-- ABOUT THIS EXERCISE --
From the records below, output exactly the lines running from the line containing "-- The tables of the heap stay what they are." through the line containing "not_directory = λ", and no others.

-- DATASET CONTENT --
______________________________

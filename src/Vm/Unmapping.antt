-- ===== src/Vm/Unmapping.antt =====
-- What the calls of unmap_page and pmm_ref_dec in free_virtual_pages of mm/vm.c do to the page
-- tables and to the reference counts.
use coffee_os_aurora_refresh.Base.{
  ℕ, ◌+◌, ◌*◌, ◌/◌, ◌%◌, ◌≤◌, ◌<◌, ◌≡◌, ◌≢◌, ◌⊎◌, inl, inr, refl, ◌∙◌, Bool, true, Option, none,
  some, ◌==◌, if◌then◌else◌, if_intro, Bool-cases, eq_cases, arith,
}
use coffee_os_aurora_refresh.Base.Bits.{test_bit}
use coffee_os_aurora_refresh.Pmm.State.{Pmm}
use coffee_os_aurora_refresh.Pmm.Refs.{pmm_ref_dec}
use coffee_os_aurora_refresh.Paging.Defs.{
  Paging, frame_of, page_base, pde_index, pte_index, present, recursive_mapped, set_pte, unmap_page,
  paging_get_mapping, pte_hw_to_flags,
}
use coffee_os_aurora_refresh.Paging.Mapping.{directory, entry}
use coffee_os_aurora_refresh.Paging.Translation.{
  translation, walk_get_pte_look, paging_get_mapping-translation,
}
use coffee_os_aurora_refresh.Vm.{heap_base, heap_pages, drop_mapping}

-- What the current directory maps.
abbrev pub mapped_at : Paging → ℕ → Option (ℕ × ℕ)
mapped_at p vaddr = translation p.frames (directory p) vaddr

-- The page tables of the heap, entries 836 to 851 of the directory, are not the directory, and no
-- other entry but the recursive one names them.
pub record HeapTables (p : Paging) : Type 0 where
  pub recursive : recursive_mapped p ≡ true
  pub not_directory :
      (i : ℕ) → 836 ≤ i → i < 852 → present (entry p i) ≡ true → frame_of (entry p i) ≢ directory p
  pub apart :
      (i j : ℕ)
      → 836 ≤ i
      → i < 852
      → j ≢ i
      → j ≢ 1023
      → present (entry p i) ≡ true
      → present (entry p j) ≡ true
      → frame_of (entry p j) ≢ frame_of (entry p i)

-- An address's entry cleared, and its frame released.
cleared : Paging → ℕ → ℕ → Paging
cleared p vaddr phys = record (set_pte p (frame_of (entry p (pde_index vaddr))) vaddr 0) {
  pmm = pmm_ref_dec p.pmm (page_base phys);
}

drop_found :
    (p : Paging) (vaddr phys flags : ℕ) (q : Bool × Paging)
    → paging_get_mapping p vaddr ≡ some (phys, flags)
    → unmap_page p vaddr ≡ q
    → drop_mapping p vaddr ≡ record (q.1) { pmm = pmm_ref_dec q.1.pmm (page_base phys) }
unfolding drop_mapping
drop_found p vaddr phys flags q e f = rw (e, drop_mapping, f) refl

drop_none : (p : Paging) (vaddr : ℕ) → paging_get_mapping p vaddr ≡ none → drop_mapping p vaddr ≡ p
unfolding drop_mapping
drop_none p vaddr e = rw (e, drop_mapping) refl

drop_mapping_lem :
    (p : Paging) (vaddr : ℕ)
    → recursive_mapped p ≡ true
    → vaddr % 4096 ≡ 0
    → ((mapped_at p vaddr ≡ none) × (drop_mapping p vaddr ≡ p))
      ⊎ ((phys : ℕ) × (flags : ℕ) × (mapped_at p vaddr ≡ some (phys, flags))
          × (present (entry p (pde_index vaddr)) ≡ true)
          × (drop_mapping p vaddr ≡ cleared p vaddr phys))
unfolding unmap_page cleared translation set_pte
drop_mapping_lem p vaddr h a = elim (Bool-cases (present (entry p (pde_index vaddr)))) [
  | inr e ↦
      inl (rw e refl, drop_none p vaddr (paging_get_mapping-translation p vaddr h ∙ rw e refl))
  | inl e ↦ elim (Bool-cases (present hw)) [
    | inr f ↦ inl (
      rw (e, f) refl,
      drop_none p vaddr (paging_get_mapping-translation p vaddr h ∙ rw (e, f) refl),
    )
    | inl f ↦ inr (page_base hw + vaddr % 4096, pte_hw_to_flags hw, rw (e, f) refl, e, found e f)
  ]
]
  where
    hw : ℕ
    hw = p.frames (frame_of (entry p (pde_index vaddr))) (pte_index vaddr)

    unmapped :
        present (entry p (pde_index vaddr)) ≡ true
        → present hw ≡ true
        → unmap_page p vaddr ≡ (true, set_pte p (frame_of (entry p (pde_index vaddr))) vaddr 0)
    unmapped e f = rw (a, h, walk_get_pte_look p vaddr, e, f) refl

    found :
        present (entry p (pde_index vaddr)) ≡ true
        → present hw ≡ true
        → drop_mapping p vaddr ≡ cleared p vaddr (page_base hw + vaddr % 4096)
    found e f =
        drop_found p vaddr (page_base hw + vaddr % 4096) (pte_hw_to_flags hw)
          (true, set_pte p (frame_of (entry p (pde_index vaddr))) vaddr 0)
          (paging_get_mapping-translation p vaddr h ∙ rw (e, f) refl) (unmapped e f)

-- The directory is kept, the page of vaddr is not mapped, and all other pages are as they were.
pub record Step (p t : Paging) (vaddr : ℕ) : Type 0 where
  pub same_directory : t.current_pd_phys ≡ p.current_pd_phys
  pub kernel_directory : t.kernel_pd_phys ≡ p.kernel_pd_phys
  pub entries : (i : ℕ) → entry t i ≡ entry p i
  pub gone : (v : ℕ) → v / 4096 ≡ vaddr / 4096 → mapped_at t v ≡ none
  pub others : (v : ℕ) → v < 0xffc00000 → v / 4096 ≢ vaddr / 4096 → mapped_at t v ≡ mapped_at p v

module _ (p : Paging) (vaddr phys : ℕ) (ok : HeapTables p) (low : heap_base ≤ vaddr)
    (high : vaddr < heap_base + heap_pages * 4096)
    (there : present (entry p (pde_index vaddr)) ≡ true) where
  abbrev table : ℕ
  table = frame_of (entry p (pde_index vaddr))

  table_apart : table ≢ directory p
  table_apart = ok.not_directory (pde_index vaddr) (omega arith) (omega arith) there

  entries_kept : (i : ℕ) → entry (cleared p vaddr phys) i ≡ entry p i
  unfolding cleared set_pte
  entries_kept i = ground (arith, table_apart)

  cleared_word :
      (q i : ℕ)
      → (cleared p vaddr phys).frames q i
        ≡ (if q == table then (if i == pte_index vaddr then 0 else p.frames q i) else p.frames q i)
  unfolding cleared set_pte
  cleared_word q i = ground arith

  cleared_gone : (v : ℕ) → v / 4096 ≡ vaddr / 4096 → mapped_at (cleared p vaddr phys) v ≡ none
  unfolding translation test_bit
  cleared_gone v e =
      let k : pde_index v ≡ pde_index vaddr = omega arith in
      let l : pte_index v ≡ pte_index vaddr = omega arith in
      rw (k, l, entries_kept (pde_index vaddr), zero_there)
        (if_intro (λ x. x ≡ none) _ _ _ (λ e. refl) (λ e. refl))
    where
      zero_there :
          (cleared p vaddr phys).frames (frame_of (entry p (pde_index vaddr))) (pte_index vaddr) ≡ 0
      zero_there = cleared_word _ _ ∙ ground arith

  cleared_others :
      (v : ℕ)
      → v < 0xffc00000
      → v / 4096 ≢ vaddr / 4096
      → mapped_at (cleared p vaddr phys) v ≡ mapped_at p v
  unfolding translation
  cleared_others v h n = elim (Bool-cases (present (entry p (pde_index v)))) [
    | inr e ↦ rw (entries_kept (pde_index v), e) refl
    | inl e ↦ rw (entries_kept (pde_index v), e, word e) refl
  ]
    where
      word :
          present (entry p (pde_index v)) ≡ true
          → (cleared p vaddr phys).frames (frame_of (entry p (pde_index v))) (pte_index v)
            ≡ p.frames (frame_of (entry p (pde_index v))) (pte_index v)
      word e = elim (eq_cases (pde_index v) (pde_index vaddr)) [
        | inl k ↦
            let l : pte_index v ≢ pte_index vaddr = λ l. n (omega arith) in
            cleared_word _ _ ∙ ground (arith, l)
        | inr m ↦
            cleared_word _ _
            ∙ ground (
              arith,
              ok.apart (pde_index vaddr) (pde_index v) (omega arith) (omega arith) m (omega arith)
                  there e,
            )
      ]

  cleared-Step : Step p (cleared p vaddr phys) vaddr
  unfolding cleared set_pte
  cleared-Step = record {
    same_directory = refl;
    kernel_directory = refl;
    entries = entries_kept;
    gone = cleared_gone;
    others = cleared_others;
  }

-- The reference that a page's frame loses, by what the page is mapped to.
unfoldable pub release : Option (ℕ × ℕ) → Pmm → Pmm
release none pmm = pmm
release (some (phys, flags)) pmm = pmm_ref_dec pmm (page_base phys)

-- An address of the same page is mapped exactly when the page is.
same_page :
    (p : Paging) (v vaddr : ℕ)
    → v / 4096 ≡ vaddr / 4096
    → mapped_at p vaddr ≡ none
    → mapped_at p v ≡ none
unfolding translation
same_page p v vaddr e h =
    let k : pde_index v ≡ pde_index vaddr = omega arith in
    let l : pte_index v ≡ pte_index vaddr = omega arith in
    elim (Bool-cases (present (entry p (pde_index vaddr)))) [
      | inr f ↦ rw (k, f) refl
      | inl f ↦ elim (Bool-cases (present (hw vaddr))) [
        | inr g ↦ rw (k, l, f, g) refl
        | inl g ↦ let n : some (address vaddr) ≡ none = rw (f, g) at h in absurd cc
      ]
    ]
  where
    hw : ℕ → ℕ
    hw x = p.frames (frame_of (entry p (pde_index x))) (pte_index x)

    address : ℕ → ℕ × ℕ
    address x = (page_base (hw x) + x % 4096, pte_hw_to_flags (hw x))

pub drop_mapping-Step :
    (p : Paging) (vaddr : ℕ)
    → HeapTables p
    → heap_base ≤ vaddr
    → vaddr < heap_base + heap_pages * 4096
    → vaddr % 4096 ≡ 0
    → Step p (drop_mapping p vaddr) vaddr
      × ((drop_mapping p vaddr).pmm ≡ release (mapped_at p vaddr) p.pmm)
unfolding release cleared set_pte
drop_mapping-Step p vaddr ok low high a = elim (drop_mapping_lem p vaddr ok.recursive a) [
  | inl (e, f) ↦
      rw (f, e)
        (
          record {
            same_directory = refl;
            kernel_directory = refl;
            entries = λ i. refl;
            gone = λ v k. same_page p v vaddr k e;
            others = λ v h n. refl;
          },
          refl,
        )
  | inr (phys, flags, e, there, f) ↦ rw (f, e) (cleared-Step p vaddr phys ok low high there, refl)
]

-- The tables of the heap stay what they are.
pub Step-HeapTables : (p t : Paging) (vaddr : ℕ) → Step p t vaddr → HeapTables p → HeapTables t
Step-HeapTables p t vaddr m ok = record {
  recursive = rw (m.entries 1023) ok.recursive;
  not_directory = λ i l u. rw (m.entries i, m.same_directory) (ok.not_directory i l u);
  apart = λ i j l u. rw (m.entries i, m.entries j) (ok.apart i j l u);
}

______________________________

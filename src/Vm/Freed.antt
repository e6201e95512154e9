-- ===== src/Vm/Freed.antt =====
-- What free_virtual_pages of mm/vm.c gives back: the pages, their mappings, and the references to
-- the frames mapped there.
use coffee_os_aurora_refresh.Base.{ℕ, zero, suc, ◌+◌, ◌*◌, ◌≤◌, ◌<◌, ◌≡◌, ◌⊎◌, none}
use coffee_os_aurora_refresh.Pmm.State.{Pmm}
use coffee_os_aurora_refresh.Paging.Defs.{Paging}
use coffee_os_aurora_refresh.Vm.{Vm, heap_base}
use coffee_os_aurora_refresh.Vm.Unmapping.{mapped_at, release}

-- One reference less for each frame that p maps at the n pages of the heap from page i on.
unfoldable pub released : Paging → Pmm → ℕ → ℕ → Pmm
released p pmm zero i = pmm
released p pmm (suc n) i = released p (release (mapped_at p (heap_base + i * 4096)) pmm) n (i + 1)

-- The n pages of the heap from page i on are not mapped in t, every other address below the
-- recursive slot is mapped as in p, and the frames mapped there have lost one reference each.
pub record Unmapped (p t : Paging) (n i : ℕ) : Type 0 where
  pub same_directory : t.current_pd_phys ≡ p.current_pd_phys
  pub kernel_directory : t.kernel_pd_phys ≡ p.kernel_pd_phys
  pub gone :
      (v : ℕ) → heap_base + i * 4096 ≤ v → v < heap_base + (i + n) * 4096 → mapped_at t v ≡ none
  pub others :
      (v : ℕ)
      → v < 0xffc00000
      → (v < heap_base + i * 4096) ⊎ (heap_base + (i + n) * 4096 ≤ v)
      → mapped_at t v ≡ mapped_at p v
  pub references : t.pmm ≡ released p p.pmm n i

______________________________

-- SOLUTION TO THIS PROBLEM --
-- The tables of the heap stay what they are.
pub Step-HeapTables : (p t : Paging) (vaddr : ℕ) → Step p t vaddr → HeapTables p → HeapTables t
Step-HeapTables p t vaddr m ok = record {
  recursive = rw (m.entries 1023) ok.recursive;
  not_directory = λ i l u. rw (m.entries i, m.same_directory) (ok.not_directory i l u);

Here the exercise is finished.